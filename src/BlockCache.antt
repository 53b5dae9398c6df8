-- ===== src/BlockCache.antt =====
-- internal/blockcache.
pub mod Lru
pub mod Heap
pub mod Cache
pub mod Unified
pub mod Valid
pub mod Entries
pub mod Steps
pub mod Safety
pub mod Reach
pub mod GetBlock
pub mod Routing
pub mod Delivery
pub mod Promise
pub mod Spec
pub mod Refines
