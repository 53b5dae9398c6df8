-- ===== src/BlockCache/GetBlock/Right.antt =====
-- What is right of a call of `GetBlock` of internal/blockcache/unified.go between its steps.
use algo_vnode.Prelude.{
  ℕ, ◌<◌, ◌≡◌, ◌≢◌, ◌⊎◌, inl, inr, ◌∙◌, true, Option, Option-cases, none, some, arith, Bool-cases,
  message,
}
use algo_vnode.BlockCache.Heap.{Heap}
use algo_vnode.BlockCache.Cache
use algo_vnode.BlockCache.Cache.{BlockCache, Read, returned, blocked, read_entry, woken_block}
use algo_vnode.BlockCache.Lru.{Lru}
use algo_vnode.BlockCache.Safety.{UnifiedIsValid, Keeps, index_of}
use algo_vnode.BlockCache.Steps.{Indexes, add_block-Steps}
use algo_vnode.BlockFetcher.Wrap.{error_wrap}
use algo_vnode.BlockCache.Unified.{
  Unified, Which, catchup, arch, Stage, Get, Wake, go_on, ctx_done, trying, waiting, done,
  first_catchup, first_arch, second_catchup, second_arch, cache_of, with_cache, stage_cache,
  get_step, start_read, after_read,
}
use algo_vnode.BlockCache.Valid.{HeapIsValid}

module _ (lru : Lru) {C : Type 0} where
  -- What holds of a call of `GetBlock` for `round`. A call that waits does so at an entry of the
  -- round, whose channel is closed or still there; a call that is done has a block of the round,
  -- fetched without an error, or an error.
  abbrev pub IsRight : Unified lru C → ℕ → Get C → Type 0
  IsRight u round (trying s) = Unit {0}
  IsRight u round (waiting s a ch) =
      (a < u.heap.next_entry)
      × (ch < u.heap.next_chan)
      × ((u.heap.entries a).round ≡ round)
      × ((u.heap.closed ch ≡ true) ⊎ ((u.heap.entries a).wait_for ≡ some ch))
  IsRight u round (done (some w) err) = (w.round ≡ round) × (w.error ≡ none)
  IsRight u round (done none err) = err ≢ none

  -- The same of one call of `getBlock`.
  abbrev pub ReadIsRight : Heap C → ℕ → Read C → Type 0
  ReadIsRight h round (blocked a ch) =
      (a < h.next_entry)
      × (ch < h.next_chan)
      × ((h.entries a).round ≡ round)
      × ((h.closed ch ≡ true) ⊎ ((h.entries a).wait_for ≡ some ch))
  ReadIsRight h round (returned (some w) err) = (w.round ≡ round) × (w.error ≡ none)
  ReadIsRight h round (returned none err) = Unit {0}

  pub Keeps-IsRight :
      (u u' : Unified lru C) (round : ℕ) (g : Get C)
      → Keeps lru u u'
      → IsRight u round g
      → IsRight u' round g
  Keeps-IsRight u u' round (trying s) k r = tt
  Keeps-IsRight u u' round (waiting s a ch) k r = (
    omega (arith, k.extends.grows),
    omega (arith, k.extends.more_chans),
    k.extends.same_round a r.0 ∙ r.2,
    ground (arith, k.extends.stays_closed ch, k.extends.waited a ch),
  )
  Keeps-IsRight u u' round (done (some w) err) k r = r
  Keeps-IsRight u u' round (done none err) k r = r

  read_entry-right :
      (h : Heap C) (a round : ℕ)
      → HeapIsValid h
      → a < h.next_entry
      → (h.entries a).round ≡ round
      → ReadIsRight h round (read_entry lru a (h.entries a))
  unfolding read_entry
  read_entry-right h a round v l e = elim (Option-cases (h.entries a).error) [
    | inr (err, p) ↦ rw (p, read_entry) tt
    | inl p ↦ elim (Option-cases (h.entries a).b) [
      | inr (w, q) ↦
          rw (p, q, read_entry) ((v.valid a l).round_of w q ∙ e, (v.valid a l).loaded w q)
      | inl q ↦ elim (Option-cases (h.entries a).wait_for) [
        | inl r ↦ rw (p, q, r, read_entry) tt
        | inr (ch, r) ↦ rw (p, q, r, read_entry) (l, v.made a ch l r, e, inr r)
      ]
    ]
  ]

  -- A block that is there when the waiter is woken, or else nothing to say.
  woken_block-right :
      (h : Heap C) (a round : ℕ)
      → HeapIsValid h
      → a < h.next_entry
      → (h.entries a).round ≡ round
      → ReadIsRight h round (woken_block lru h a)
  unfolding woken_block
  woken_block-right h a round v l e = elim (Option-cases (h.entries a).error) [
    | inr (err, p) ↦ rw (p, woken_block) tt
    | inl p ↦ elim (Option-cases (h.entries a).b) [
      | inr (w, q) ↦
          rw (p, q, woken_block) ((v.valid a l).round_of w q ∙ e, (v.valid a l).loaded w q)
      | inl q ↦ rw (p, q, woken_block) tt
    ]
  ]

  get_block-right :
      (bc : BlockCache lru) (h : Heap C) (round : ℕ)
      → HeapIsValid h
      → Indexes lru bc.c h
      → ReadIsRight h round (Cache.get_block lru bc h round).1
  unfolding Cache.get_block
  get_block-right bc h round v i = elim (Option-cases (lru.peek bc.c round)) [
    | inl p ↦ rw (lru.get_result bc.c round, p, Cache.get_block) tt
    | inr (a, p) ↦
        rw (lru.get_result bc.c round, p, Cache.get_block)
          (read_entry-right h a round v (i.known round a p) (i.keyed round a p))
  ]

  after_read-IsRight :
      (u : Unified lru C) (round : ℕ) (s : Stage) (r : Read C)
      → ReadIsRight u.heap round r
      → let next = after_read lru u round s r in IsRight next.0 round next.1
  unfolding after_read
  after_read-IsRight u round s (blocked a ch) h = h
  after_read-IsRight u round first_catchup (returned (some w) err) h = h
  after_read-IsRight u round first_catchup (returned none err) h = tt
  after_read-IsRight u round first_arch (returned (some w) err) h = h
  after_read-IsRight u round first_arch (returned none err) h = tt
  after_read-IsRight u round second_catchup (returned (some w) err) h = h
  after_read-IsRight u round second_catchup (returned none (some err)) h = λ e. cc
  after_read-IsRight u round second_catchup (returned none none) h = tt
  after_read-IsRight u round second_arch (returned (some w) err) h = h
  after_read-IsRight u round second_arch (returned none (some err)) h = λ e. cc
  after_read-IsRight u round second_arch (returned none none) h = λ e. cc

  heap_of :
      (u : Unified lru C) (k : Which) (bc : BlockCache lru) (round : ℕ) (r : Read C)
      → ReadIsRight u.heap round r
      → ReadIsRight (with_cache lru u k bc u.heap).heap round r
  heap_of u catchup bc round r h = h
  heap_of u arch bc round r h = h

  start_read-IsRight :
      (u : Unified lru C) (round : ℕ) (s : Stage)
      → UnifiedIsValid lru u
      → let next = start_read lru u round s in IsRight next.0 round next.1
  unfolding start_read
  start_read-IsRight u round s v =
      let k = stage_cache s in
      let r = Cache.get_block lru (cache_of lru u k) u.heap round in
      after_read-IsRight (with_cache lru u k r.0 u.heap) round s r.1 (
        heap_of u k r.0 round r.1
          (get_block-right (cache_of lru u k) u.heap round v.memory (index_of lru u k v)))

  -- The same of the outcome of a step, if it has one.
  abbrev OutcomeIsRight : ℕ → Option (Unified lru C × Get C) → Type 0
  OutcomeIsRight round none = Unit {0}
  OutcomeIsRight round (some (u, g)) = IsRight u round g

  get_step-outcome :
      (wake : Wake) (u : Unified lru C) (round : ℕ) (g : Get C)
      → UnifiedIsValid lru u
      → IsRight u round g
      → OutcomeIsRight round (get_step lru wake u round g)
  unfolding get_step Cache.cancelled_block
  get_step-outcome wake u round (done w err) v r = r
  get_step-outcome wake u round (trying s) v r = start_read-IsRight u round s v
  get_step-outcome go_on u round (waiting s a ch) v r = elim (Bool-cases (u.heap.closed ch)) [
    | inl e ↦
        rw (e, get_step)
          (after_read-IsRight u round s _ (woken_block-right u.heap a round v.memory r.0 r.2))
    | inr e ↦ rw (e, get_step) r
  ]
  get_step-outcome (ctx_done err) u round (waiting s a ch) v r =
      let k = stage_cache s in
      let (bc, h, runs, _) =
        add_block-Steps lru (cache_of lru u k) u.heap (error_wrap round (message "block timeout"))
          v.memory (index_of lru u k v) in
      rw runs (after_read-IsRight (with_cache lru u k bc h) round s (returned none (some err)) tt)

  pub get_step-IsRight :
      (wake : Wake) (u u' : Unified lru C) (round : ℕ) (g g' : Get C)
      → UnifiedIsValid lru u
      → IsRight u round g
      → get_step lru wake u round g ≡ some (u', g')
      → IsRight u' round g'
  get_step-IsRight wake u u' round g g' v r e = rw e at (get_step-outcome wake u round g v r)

○ ○ ○ ○ ○

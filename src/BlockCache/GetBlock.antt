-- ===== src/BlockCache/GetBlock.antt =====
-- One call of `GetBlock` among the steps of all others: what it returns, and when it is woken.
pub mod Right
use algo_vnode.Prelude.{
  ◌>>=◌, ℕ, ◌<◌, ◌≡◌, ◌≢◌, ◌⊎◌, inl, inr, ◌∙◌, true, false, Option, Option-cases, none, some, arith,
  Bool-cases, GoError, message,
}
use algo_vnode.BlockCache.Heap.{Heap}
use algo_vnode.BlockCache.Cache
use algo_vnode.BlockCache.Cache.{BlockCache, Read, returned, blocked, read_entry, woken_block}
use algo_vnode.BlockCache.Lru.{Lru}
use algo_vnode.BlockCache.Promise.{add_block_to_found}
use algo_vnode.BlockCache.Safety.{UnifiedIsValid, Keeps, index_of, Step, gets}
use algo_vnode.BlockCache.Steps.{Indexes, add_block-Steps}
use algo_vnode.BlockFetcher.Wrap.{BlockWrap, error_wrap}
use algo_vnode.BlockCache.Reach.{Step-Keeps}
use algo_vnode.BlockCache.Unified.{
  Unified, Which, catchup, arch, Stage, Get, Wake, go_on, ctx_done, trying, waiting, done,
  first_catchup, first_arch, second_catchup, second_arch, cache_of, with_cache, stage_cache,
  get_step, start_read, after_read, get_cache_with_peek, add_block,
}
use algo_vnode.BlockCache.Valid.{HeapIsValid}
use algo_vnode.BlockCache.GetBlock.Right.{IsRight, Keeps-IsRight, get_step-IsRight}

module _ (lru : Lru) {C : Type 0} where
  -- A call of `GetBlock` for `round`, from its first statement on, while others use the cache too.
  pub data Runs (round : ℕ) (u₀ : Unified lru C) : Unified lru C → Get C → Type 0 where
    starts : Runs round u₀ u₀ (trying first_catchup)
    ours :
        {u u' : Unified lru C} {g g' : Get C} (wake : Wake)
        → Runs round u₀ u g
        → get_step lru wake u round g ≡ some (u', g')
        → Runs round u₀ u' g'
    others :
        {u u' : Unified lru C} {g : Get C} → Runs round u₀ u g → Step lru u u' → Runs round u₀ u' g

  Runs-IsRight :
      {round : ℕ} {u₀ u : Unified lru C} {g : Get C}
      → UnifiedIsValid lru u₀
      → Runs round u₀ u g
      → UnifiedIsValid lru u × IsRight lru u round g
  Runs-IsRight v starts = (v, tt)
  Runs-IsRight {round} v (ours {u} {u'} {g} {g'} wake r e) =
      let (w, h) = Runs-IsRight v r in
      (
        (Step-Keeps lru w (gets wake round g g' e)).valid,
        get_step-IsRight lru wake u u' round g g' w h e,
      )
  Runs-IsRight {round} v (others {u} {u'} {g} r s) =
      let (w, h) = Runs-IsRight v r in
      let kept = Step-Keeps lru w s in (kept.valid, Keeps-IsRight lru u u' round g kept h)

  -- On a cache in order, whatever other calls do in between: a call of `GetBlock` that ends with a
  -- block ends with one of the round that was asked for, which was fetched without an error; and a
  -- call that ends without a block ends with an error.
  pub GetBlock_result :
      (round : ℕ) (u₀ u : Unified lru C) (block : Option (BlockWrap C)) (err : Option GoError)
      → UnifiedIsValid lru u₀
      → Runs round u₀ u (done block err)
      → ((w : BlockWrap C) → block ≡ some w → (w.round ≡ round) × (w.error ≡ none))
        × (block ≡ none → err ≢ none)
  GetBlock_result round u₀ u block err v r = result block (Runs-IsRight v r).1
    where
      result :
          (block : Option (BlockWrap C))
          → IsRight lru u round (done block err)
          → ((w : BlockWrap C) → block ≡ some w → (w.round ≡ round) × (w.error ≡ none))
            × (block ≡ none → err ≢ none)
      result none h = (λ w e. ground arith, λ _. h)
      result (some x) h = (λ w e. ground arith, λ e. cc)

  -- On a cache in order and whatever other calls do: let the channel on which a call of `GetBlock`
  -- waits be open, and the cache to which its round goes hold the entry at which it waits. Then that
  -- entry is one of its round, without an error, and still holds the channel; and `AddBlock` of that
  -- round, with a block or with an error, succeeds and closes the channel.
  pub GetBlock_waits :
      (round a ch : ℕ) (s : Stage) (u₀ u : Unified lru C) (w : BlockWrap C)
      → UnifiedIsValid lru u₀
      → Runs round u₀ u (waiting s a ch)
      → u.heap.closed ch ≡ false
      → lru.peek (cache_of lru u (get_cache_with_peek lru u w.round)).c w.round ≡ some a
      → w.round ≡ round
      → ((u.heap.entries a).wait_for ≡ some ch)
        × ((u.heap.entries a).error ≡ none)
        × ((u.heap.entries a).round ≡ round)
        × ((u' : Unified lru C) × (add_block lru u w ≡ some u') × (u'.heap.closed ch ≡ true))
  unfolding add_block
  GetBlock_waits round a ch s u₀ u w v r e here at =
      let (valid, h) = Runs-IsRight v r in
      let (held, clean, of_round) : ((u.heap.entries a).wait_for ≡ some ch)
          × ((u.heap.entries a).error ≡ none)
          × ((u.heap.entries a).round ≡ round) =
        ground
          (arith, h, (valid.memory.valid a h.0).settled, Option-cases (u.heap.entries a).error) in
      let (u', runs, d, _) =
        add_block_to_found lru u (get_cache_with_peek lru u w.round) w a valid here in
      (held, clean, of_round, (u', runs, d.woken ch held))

○ ○ ○ ○ ○

■ WHAT YOU WILL DO ■
Copy here each line of the preceding records with "elim" in it.

■ EXPECTED ANSWER ■
  read_entry-right h a round v l e = elim (Option-cases (h.entries a).error) [
    | inl p ↦ elim (Option-cases (h.entries a).b) [
      | inl q ↦ elim (Option-cases (h.entries a).wait_for) [
  woken_block-right h a round v l e = elim (Option-cases (h.entries a).error) [
    | inl p ↦ elim (Option-cases (h.entries a).b) [
  get_block-right bc h round v i = elim (Option-cases (lru.peek bc.c round)) [
  get_step-outcome go_on u round (waiting s a ch) v r = elim (Bool-cases (u.heap.closed ch)) [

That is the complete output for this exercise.